My data is backed up and I could care less if a drive dies in my pc, it just means i get to put in a bigger, better, faster one in :)

As for preventing it, you cannot. Drives die all the time, even new ones, and usually without any warning.
You always have to plan for your drive completely dying and becoming unrecoverable in the next 5 minutes. It's happened to many of us which is why we urge people to have a good backup system in place for any important data.
 
Solution
Feb 5, 2020
27
1
35
i thought you said it was all backed up. If that was true then you've eliminated the 'need' to recover the data.
My data is backed up and I could care less if a drive dies in my pc, it just means i get to put in a bigger, better, faster one in :)

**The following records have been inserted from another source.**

-- ===== src/Algo/Heap/Order.antt =====
-- The heap order, and what follows from it for the root.
use mathlib.Core.List.Perm
use c_nad.Core.Cmp.{Cmp, Le, IsOrder, Le_refl}
use c_nad.Prelude.Array.{get_or, exchange, get_or-exchange, exchange-perm}
use c_nad.Prelude.{ℕ, zero, suc, ◌≤◌, ◌<◌, ◌≡◌, List, Perm, arith, length}
use c_nad.Algo.Heap.{parent}

module _ {A : Type 0} (d : A) (cmp : Cmp A) where
  -- among the first `n` entries, those whose parent is at `lo` or later do not come after it
  abbrev pub IsHeapFrom : ℕ → List A → ℕ → Type 0
  IsHeapFrom lo s n =
      (c : ℕ) → 0 < c → c < n → lo ≤ parent c → Le cmp (get_or s c d) (get_or s (parent c) d)

  -- no entry of the first `n` comes after its parent
  abbrev pub IsHeap : List A → ℕ → Type 0
  IsHeap s n = IsHeapFrom 0 s n

  -- the edges past `i`, from its children to its parent, are in order
  abbrev pub IsBridged : ℕ → List A → ℕ → ℕ → Type 0
  IsBridged lo s n i =
      (c : ℕ)
      → 0 < c
      → c < n
      → parent c ≡ i
      → 0 < i
      → lo ≤ parent i
      → Le cmp (get_or s c d) (get_or s (parent i) d)

  -- `t` is a rearrangement of `s` that is a heap from `lo` on, and is `s` from `n` on
  pub record Sifted (lo : ℕ) (s : List A) (n : ℕ) (t : List A) : Type 0 where
    pub heap : IsHeapFrom lo t n
    pub same : Perm t s
    pub behind : (i : ℕ) → n ≤ i → get_or t i d ≡ get_or s i d

  pub Sifted-exchange :
      (lo n i j : ℕ) (s t : List A)
      → i < length s
      → j < length s
      → i < n
      → j < n
      → Sifted lo (exchange d s i j) n t
      → Sifted lo s n t
  Sifted-exchange lo n i j s t hi hj ni nj v = record {
    heap = v.heap;
    same = Perm.trans v.same (exchange-perm d s i j hi hj);
    behind = λ c p. ground (arith, v.behind c, get_or-exchange d s i j hi hj c);
  }

  -- In a heap no entry comes after the root.
  pub root-greatest :
      (o : IsOrder cmp) (fuel : ℕ) (s : List A) (n i : ℕ)
      → IsHeap s n
      → i < fuel
      → i < n
      → Le cmp (get_or s i d) (get_or s 0 d)
  root-greatest o zero s n i h f p = absurd (omega arith)
  root-greatest o (suc fuel) s n zero h f p = Le_refl o (get_or s 0 d)
  root-greatest o (suc fuel) s n (suc i) h f p =
      o.trans (get_or s (suc i) d) (get_or s (parent (suc i)) d) (get_or s 0 d)
        (h (suc i) (omega arith) p (omega arith))
        (root-greatest o fuel s n (parent (suc i)) h (omega arith) (omega arith))
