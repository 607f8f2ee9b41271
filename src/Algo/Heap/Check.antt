-- ===== src/Algo/Heap/Check.antt =====
-- is_heap_until and is_heap.
use c_nad.Core.Span
use c_nad.Core.Cmp.{Cmp, IsOrder, Le_of_ge0}
use c_nad.Core.Int.{lt0}
use c_nad.Prelude.Array.{get_or}
use c_nad.Prelude.{
  ℕ, zero, suc, ◌+◌, ◌≤◌, ◌<◌, ◌≡◌, refl, inl, inr, true, List, arith, ltb, ◌==◌, Bool-cases,
  length, done, Returns, Returns-if,
}
use c_nad.Algo.Heap.{parent, is_heap_until_from, is_heap_until, is_heap}
use c_nad.Algo.Heap.Order.{IsHeap}

module _ {A : Type 0} (d : A) (cmp : Cmp A) where
  -- What is_heap_until reports: the length of the longest heap at the front, and the edge that ends
  -- it unless the whole span is one.
  pub record IsLongestHeap (s : List A) (n : ℕ) : Type 0 where
    pub inside : n ≤ length s
    pub heap : IsHeap d cmp s n
    pub broken : n < length s → lt0 (cmp (get_or s (parent n) d) (get_or s n d)) ≡ true

module _ {A : Type 0} (d : A) (cmp : Cmp A) (o : IsOrder cmp) where
  is_heap_until_from-IsLongestHeap :
      (fuel child : ℕ) (s : List A)
      → length s + 1 < fuel + child
      → 0 < child
      → child ≤ length s + 1
      → IsHeap d cmp s child
      → Returns (IsLongestHeap d cmp s) (is_heap_until_from fuel child s cmp)
  unfolding is_heap_until_from
  is_heap_until_from-IsLongestHeap zero child s f p q h = absurd (omega arith)
  is_heap_until_from-IsLongestHeap (suc fuel) child s f p q h =
      Returns-if (ltb child (length s))
        (λ more.
          let hp : parent child < length s = ground arith in
          let x = get_or s (parent child) d in
          let y = get_or s child d in
          rw (Span.get-done d s (parent child) hp, Span.get-done d s child (ground arith))
            (Returns-if (lt0 (cmp x y))
              (λ e. (child, refl, record { inside = ground arith; heap = h; broken = λ r. e }))
              (λ e.
                is_heap_until_from-IsLongestHeap fuel (child + 1) s (omega arith) (omega arith)
                  (ground arith)
                  λ c r t w. elim (Bool-cases (c == child)) [
                    | inl same ↦ let g : c ≡ child = ground arith in rw g (Le_of_ge0 o x y e)
                    | inr other ↦ h c r (ground arith) w
                  ])))
        (λ end. (
          length s,
          refl,
          record {
            inside = omega arith;
            heap = λ c r t w. h c r (ground arith) w;
            broken = λ r. absurd (omega arith);
          },
        ))

  -- is_heap_until returns the length of the longest heap at the front of the span, and is_heap says
  -- whether that is the whole span.
  pub is_heap_until-IsLongestHeap :
      (s : List A)
      → Returns
          (λ n. IsLongestHeap d cmp s n × (is_heap s cmp ≡ done (n == length s)))
          (is_heap_until s cmp)
  unfolding is_heap
  is_heap_until-IsLongestHeap s = let (n, e, v) = found in (n, e, (v, rw e))
    where
      found : Returns (IsLongestHeap d cmp s) (is_heap_until s cmp)
      found =
          is_heap_until_from-IsLongestHeap (length s + 1) 1 s (omega arith) (omega arith)
            (omega arith) λ c p q r. absurd (omega arith)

As for preventing it, you cannot. Drives die all the time, even new ones, and usually without any warning.
You always have to plan for your drive completely dying and becoming unrecoverable in the next 5 minutes. It's happened to many of us which is why we urge people to have a good backup system in place for any important data.
Thanks, it was mostly backed up. There were a few .prproj files from video editing of projects I had saved that I did not remember to back up in the last two months. Then there was the photos I was working on from the week prior.

I will definitely aim to have more regular backup. I usually backup with online storage as well as a external hard drive I keep unplugged and locked away. Then I also have most data on the laptop as well and a few other places. So generally losing a hard drive is not too much of an issue unless of course it involves work that was not backed up in the last 24 hours to week.